Your assignment: Begin at the line below that has "newline = 10" and stop after the line that has "abbrev end : ℕ". Please restate only those lines, word for word.

· · · · · · ·

-- ===== src/Irc/Split.antt =====
-- A line of the server with a prefix, a command, one argument and a text: how the parser splits it.
use fx_ip.Base.{
  List, Mem, Option, [], ap, arith, length, length-append, peek, poke, poke_self, some, strlen, ℕ,
  ◌++◌, ◌+◌, ◌<◌, ◌^◌, ◌∙◌, ◌∷◌, ◌≡◌,
}
use fx_ip.Irc.{Irc, irc_parse_command, irc_parse_line, split_command, split_prefix, with_space}
use fx_ip.Irc.Line.{split_command_lem, split_prefix_lem, with_space_lem}
use fx_ip.Irc.Strings.{
  At, At-append, At-cons, At-zeros, Lacks-append, cell-zeros, zero-zeros, zeros, zeros-memchr,
  zeros-strlen,
}
use fx_ip.Psock.Line.{Lacks}

abbrev pub return : ℕ
return = 13

abbrev pub newline : ℕ
newline = 10

abbrev pub args : List ℕ → List ℕ → List ℕ
args target text = target ++ (b' ' ∷ b':' ∷ (text ++ (return ∷ [])))

abbrev pub command : List ℕ → List ℕ → List ℕ → List ℕ
command word target text = word ++ (b' ' ∷ args target text)

-- the line `:source word target :text`
abbrev pub line : List ℕ → List ℕ → List ℕ → List ℕ → List ℕ
line source word target text =
    (b':' ∷ source) ++ (b' ' ∷ (command word target text ++ (newline ∷ [])))

-- The parts have no NUL, and no byte that ends them.
pub record IsClean (source word target text : List ℕ) : Type 0 where
  pub source_nul : Lacks 0 source
  pub source_space : Lacks b' ' source
  pub word_nul : Lacks 0 word
  pub word_space : Lacks b' ' word
  pub target_nul : Lacks 0 target
  pub target_space : Lacks b' ' target
  pub text_nul : Lacks 0 text

-- the places of the bytes that end the parts, for a line at `p`
module _ (p : ℕ) (source word target text : List ℕ) where
  abbrev pub sp1 : ℕ
  sp1 = p + length (b':' ∷ source)

  abbrev pub sp2 : ℕ
  sp2 = sp1 + 1 + length word

  abbrev pub sp3 : ℕ
  sp3 = sp2 + 1 + length target

  abbrev pub cr : ℕ
  cr = sp3 + 2 + length text

  abbrev pub lf : ℕ
  lf = sp1 + 1 + length (command word target text)

module _ (behind : ℕ) (s : Irc) (p : ℕ) (source word target text : List ℕ)
    (clean : IsClean source word target text)
    (stands : At s.inputbuffer p (line source word target text))
    (small : length (line source word target text) < 2 ^ 16) where
  abbrev m : Mem
  m = s.inputbuffer

  abbrev a1 : ℕ
  a1 = sp1 p source word target text

  abbrev a2 : ℕ
  a2 = sp2 p source word target text

  abbrev a3 : ℕ
  a3 = sp3 p source word target text

  abbrev end : ℕ
  end = lf p source word target text

  pub args_length : length (args target text) ≡ length target + 3 + length text
  args_length = omega (
    arith,
    length-append {0} target (b' ' ∷ b':' ∷ (text ++ (return ∷ []))),
    length-append {0} text (return ∷ []),
  )

  pub line_length :
      length (line source word target text)
      ≡ length source + length word + length (args target text) + 4
  line_length = omega (
    arith,
    length-append {0} (b':' ∷ source) (b' ' ∷ (command word target text ++ (newline ∷ []))),
    length-append {0} (command word target text) (newline ∷ []),
    length-append {0} word (b' ' ∷ args target text),
  )

  text_length : length (text ++ (return ∷ [])) ≡ length text + 1
  text_length = omega (arith, length-append {0} text (return ∷ []))

  pub command_length :
      length (command word target text) ≡ length word + 1 + length (args target text)
  command_length = omega (arith, length-append {0} word (b' ' ∷ args target text))

  top : At m p (b':' ∷ source) × At m a1 (b' ' ∷ (command word target text ++ (newline ∷ [])))
  top = At-append m p (b':' ∷ source) (b' ' ∷ (command word target text ++ (newline ∷ []))) stands

  rest : (m a1 ≡ b' ') × At m (a1 + 1) (command word target text ++ (newline ∷ []))
  rest = At-cons m a1 b' ' (command word target text ++ (newline ∷ [])) top.1

  whole_command : At m (a1 + 1) (command word target text)
  whole_command = (At-append m (a1 + 1) (command word target text) (newline ∷ []) rest.1).0

  the_word : At m (a1 + 1) word × At m a2 (b' ' ∷ args target text)
  the_word = At-append m (a1 + 1) word (b' ' ∷ args target text) whole_command

  whole_args : (m a2 ≡ b' ') × At m (a2 + 1) (args target text)
  whole_args = At-cons m a2 b' ' (args target text) the_word.1

  aim : At m (a2 + 1) target × At m a3 (b' ' ∷ b':' ∷ (text ++ (return ∷ [])))
  aim = At-append m (a2 + 1) target (b' ' ∷ b':' ∷ (text ++ (return ∷ []))) whole_args.1

  pub sp3_lem : m a3 ≡ b' '
  sp3_lem = (At-cons m a3 b' ' (b':' ∷ (text ++ (return ∷ []))) aim.1).0

  whole_text : At m (a3 + 2) (text ++ (return ∷ []))
  whole_text =
      ap (λ q. peek m q (length (text ++ (return ∷ [])))) (omega arith)
      ∙ (At-cons m (a3 + 1) b':' (text ++ (return ∷ []))
          (At-cons m a3 b' ' (b':' ∷ (text ++ (return ∷ []))) aim.1).1).1

  pub the_text : At m (a3 + 2) text
  the_text = (At-append m (a3 + 2) text (return ∷ []) whole_text).0

  pub the_source : (m p ≡ b':') × At m (p + 1) source
  the_source = At-cons m p b':' source top.0

  -- the client, with these NULs written into its input buffer
  abbrev with_zeros : List ℕ → Irc
  with_zeros js = record s { inputbuffer = zeros m js }

  start :
      irc_parse_line behind p (length (line source word target text)) s
      ≡ split_prefix behind p (length (line source word target text)) (with_zeros (end ∷ []))
  unfolding irc_parse_line
  start =
      ap
        (λ t.
          split_prefix behind p (length (line source word target text))
            (record s { inputbuffer = poke m t 0 }))
        (omega (arith, line_length, command_length))

  prefix_step :
      split_prefix behind p (length (line source word target text)) (with_zeros (end ∷ []))
      ≡ split_command behind (some (p + 1)) (a1 + 1) (with_zeros (end ∷ a1 ∷ []))
  prefix_step =
      split_prefix_lem behind (with_zeros (end ∷ [])) p (length (line source word target text)) a1
        (cell-zeros m p (end ∷ []) (omega arith) ∙ the_source.0)
        (zeros-memchr m (end ∷ []) p (b':' ∷ source) top.0 (omega arith)
          (length (line source word target text)) b' '
          ((λ e. absurd (omega arith)), clean.source_space) rest.0 (omega arith)
          (omega (arith, line_length, command_length)))

  args_nul : Lacks 0 (args target text)
  args_nul = Lacks-append 0 target (b' ' ∷ b':' ∷ (text ++ (return ∷ []))) clean.target_nul (
    (λ e. absurd (omega arith)),
    (
      (λ e. absurd (omega arith)),
      Lacks-append 0 text (return ∷ []) clean.text_nul ((λ e. absurd (omega arith)), tt),
    ),
  )

  whole_nul : Lacks 0 (command word target text)
  whole_nul =
      Lacks-append 0 word (b' ' ∷ args target text) clean.word_nul
        ((λ e. absurd (omega arith)), args_nul)

  pub lf_zero : (js : List ℕ) → zeros m (end ∷ js) end ≡ 0
  lf_zero js = zero-zeros (poke m end 0) end js (poke_self m end 0)

  command_step :
      split_command behind (some (p + 1)) (a1 + 1) (with_zeros (end ∷ a1 ∷ []))
      ≡ irc_parse_command behind (some (p + 1)) (a1 + 1) (a2 + 1) (with_zeros (end ∷ a1 ∷ a2 ∷ []))
  command_step =
      split_command_lem behind (with_zeros (end ∷ a1 ∷ [])) (some (p + 1)) (a1 + 1)
        (length (command word target text)) a2
        (zeros-strlen m (end ∷ a1 ∷ []) (a1 + 1) (command word target text) whole_command
          (omega arith) whole_nul (lf_zero (a1 ∷ []))
          (omega (arith, line_length, command_length, small)))
        (zeros-memchr m (end ∷ a1 ∷ []) (a1 + 1) word the_word.0 (omega (arith, command_length))
          (length (command word target text)) b' ' clean.word_space whole_args.0
          (omega (arith, command_length)) (omega (arith, command_length)))

  -- The line is split where its parts end.
  pub irc_parse_line-split :
      irc_parse_line behind p (length (line source word target text)) s
      ≡ irc_parse_command behind (some (p + 1)) (a1 + 1) (a2 + 1) (with_zeros (end ∷ a1 ∷ a2 ∷ []))
  irc_parse_line-split = start ∙ prefix_step ∙ command_step

  pub word-strlen : strlen (zeros m (end ∷ a1 ∷ a2 ∷ [])) (a1 + 1) ≡ length word
  word-strlen =
      zeros-strlen m (end ∷ a1 ∷ a2 ∷ []) (a1 + 1) word the_word.0 (omega (arith, command_length))
        clean.word_nul (poke_self (zeros m (end ∷ a1 ∷ [])) a2 0)
        (omega (arith, line_length, small))

  pub word-At : At (zeros m (end ∷ a1 ∷ a2 ∷ [])) (a1 + 1) word
  word-At = At-zeros m (a1 + 1) word (end ∷ a1 ∷ a2 ∷ []) the_word.0 (omega (arith, command_length))

  pub space_found :
      (act : ℕ → Irc → Option Irc)
      → with_space act (a2 + 1) (with_zeros (end ∷ a1 ∷ a2 ∷ []))
        ≡ act a3 (with_zeros (end ∷ a1 ∷ a2 ∷ []))
  space_found act =
      with_space_lem behind (with_zeros (end ∷ a1 ∷ a2 ∷ [])) act (a2 + 1)
        (length (args target text)) a3
        (zeros-strlen m (end ∷ a1 ∷ a2 ∷ []) (a2 + 1) (args target text) whole_args.1
          (omega (arith, command_length)) args_nul
          (ap (zeros m (end ∷ a1 ∷ a2 ∷ [])) {y = end} (omega (arith, command_length))
            ∙ lf_zero (a1 ∷ a2 ∷ []))
          (omega (arith, line_length, small)))
        (zeros-memchr m (end ∷ a1 ∷ a2 ∷ []) (a2 + 1) target aim.0
          (omega (arith, command_length, args_length)) (length (args target text)) b' '
          clean.target_space sp3_lem (omega (arith, command_length, args_length))
          (omega (arith, args_length)))

  pub text-strlen : strlen (zeros m (end ∷ a1 ∷ a2 ∷ [])) (a3 + 2) ≡ length text + 1
  text-strlen =
      zeros-strlen m (end ∷ a1 ∷ a2 ∷ []) (a3 + 2) (text ++ (return ∷ [])) whole_text
        (omega (arith, command_length, args_length, text_length))
        (Lacks-append 0 text (return ∷ []) clean.text_nul ((λ e. absurd (omega arith)), tt))
        (ap (zeros m (end ∷ a1 ∷ a2 ∷ [])) {y = end}
            (omega (arith, command_length, args_length, text_length))
          ∙ lf_zero (a1 ∷ a2 ∷ []))
        (omega (arith, line_length, args_length, text_length, small))
      ∙ text_length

· · · · · · ·

Task result:
newline = 10

abbrev pub args : List ℕ → List ℕ → List ℕ
args target text = target ++ (b' ' ∷ b':' ∷ (text ++ (return ∷ [])))

abbrev pub command : List ℕ → List ℕ → List ℕ → List ℕ
command word target text = word ++ (b' ' ∷ args target text)

-- the line `:source word target :text`
abbrev pub line : List ℕ → List ℕ → List ℕ → List ℕ → List ℕ
line source word target text =
    (b':' ∷ source) ++ (b' ' ∷ (command word target text ++ (newline ∷ [])))

-- The parts have no NUL, and no byte that ends them.
pub record IsClean (source word target text : List ℕ) : Type 0 where
  pub source_nul : Lacks 0 source
  pub source_space : Lacks b' ' source
  pub word_nul : Lacks 0 word
  pub word_space : Lacks b' ' word
  pub target_nul : Lacks 0 target
  pub target_space : Lacks b' ' target
  pub text_nul : Lacks 0 text

-- the places of the bytes that end the parts, for a line at `p`
module _ (p : ℕ) (source word target text : List ℕ) where
  abbrev pub sp1 : ℕ
  sp1 = p + length (b':' ∷ source)

  abbrev pub sp2 : ℕ
  sp2 = sp1 + 1 + length word

  abbrev pub sp3 : ℕ
  sp3 = sp2 + 1 + length target

  abbrev pub cr : ℕ
  cr = sp3 + 2 + length text

  abbrev pub lf : ℕ
  lf = sp1 + 1 + length (command word target text)

module _ (behind : ℕ) (s : Irc) (p : ℕ) (source word target text : List ℕ)
    (clean : IsClean source word target text)
    (stands : At s.inputbuffer p (line source word target text))
    (small : length (line source word target text) < 2 ^ 16) where
  abbrev m : Mem
  m = s.inputbuffer

  abbrev a1 : ℕ
  a1 = sp1 p source word target text

  abbrev a2 : ℕ
  a2 = sp2 p source word target text

  abbrev a3 : ℕ
  a3 = sp3 p source word target text

  abbrev end : ℕ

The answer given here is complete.